EXERCISE PROMPT: Only lines with the string "omega" are wanted. Pull them out of the data.

[GIVEN DATA — start]

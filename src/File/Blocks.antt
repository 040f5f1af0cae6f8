-- ===== src/File/Blocks.antt =====
-- What getbytes() returns: the next bytes, as many as were asked for where `all` is set.
use hbackup.Prelude.{
  ℕ, zero, suc, ◌+◌, ◌-◌, ◌<◌, ◌≤◌, ◌≡◌, ◌≢◌, refl, sym, ap, ◌∙◌, ◌⊎◌, inl, inr, [], ◌++◌,
  append_assoc, append-nil, Bool, true, ◌&&◌, not, length, length-append, length-pos, left_nil,
  Bytes, arith, ltb, ◌==◌, Bool-cases,
}
use hbackup.Outcome.{ok}
use hbackup.File.{
  Device, Mode, idle, reading, writing, File, Round, break, got, fill, getbytes_round,
  getbytes_loop, start_reading, getbytes,
}
use hbackup.File.Read.{IsReader, stream, IsReadable, fill-Filled}
use hbackup.File.Rounds.{RoundOf, getbytes_round-RoundOf}

module _ (V : Device) (R : IsReader V) where
  open R use {content, delivers}

  -- What the whole call leaves: a prefix of what was left to read, and all that was asked for or all
  -- that there was if `all` is set.
  pub record Block (f : File V) (max : ℕ) (all : Bool) (chunk : Bytes) (g : File V) : Type 0 where
    pub readable : IsReadable V R g
    pub split : stream V R f ≡ chunk ++ stream V R g
    pub small : length chunk ≤ max
    pub at_end : chunk ≡ [] → stream V R f ≡ []
    pub full : all ≡ true → (length chunk ≡ max) ⊎ (stream V R g ≡ [])

  Blocks : ℕ → Type 0
  Blocks fuel =
      (max : ℕ) (all : Bool) (out : Bytes) (f : File V)
      → 0 < max
      → max < fuel
      → IsReadable V R f
      → f.mode ≡ reading
      → (chunk : Bytes) × (g : File V) × (getbytes_loop V fuel max all out f
          ≡ (ok (out ++ chunk), g))
        × Block f max all chunk g

  after_round :
      (fuel max : ℕ) (all : Bool) (out : Bytes) (f : File V) (o : Round) (g : File V)
      → Blocks fuel
      → 0 < max
      → max < suc fuel
      → getbytes_round V max f ≡ (ok o, g)
      → RoundOf V R f max o g
      → (chunk : Bytes) × (h : File V) × (getbytes_loop V (suc fuel) max all out f
          ≡ (ok (out ++ chunk), h))
        × Block f max all chunk h
  unfolding getbytes_loop Blocks
  after_round fuel max all out f break g ih pos small q (nothing, left, v) = (
    [],
    g,
    rw (q, append-nil),
    record {
      readable = v;
      split = nothing ∙ sym left;
      small = omega arith;
      at_end = λ _. nothing;
      full = λ _. inr left;
    },
  )
  after_round fuel max all out f (got c) g ih pos small q d =
      elim (Bool-cases (all && not g.eof && ltb 0 (max - length c))) [
        | inl e ↦
            let some_read : c ≢ [] = λ n. absurd (ground (arith, (d.at_end n).1)) in
            let shorter : 0 < length c = length-pos c some_read in
            let (c2, h, p, b) =
              ih (max - length c) all (out ++ c) g (ground arith) (omega arith) d.readable
                d.is_reading in
            (
              c ++ c2,
              h,
              rw (q, e) (p ∙ rw append_assoc),
              record {
                readable = b.readable;
                split = d.split ∙ ap (λ s. c ++ s) b.split ∙ sym (append_assoc c c2 _);
                small = omega (arith, length-append c c2, b.small, d.small);
                at_end = λ n. (d.at_end (left_nil c c2 n)).0;
                full = λ a. elim (b.full a) [
                  | inl k ↦ inl (omega (arith, length-append c c2, d.small))
                  | inr k ↦ inr k
                ];
              },
            )
        | inr e ↦ (
          c,
          g,
          rw (q, e),
          record {
            readable = d.readable;
            split = d.split;
            small = d.small;
            at_end = λ n. (d.at_end n).0;
            full = λ a. elim (Bool-cases g.eof) [
              | inl t ↦ inr (d.readable.eof_empty t)
              | inr t ↦ inl (ground (arith, d.small))
            ];
          },
        )
      ]

  getbytes_loop-Block : (fuel : ℕ) → Blocks fuel
  unfolding Blocks
  getbytes_loop-Block zero max all out f pos small v m = absurd (omega arith)
  getbytes_loop-Block (suc fuel) max all out f pos small v m =
      let (o, g, q, r) = getbytes_round-RoundOf V R max f pos v m in
      after_round fuel max all out f o g (getbytes_loop-Block fuel) pos small q r

  -- What the start of a call leaves.
  record Started (f : File V) (n : ℕ) (g : File V) : Type 0 where
    readable : IsReadable V R g
    is_reading : g.mode ≡ reading
    kept : stream V R g ≡ stream V R f
    at_end : n ≡ 0 → stream V R f ≡ []

  start_idle :
      (f : File V)
      → IsReadable V R f
      → f.mode ≡ idle
      → (n : ℕ) × (g : File V) × (fill V f ≡ (ok n, g)) × Started f n g
  start_idle f v e =
      let (n, g, q, w) = fill-Filled V R f v (v.idle_empty e) in
      let same_stream : stream V R f ≡ content f.device =
        ap (λ s. s ++ content f.device) (v.idle_empty e) in
      (
        n,
        g,
        q,
        record {
          readable = w.readable;
          is_reading = w.is_reading;
          kept = w.kept ∙ sym same_stream;
          at_end = λ z. same_stream ∙ w.at_end z;
        },
      )

  start_reading-Started :
      (f : File V)
      → IsReadable V R f
      → (n : ℕ) × (g : File V) × (start_reading V f ≡ (ok n, g)) × Started f n g
  start_reading-Started f v = go f.mode refl
    where
      go :
          (m : Mode)
          → f.mode ≡ m
          → (n : ℕ) × (g : File V) × (start_reading V f ≡ (ok n, g)) × Started f n g
      go idle e =
          let (n, g, q, w) = start_idle f v e in
          (n, g, unfold start_reading in ground (arith, q), w)
      go reading e = (
        1,
        f,
        unfold start_reading in ground arith,
        record { readable = v; is_reading = e; kept = refl; at_end = λ z. absurd (omega arith) },
      )
      go writing e = absurd (v.not_writing e)

  -- A positive getbytes() succeeds. It returns the next bytes, at most `max` of them, and none only
  -- at the end; with `all` it returns `max` bytes unless the end comes first.
  pub getbytes-Block :
      (max : ℕ) (all : Bool) (f : File V)
      → 0 < max
      → IsReadable V R f
      → (chunk : Bytes) × (g : File V) × (getbytes V max all f ≡ (ok chunk, g))
        × Block f max all chunk g
  unfolding getbytes Blocks
  getbytes-Block max all f pos v =
      let (n, g, q, w) = start_reading-Started f v in
      elim (Bool-cases (n == 0)) [
        | inl e ↦
            let nothing = w.at_end (ground arith) in
            (
              [],
              g,
              rw (q, e),
              record {
                readable = w.readable;
                split = sym w.kept;
                small = omega arith;
                at_end = λ _. nothing;
                full = λ _. inr (w.kept ∙ nothing);
              },
            )
        | inr e ↦
            let (chunk, h, p, b) =
              getbytes_loop-Block (max + 1) max all [] g pos (omega arith) w.readable
                w.is_reading in
            (
              chunk,
              h,
              rw (q, e) p,
              record {
                readable = b.readable;
                split = sym w.kept ∙ b.split;
                small = b.small;
                at_end = λ z. sym w.kept ∙ b.at_end z;
                full = b.full;
              },
            )
      ]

[GIVEN DATA — finish]

ANSWER FOR THE TASK:
      small = omega arith;
              ih (max - length c) all (out ++ c) g (ground arith) (omega arith) d.readable
                small = omega (arith, length-append c c2, b.small, d.small);
                  | inl k ↦ inl (omega (arith, length-append c c2, d.small))
  getbytes_loop-Block zero max all out f pos small v m = absurd (omega arith)
        record { readable = v; is_reading = e; kept = refl; at_end = λ z. absurd (omega arith) },
                small = omega arith;
              getbytes_loop-Block (max + 1) max all [] g pos (omega arith) w.readable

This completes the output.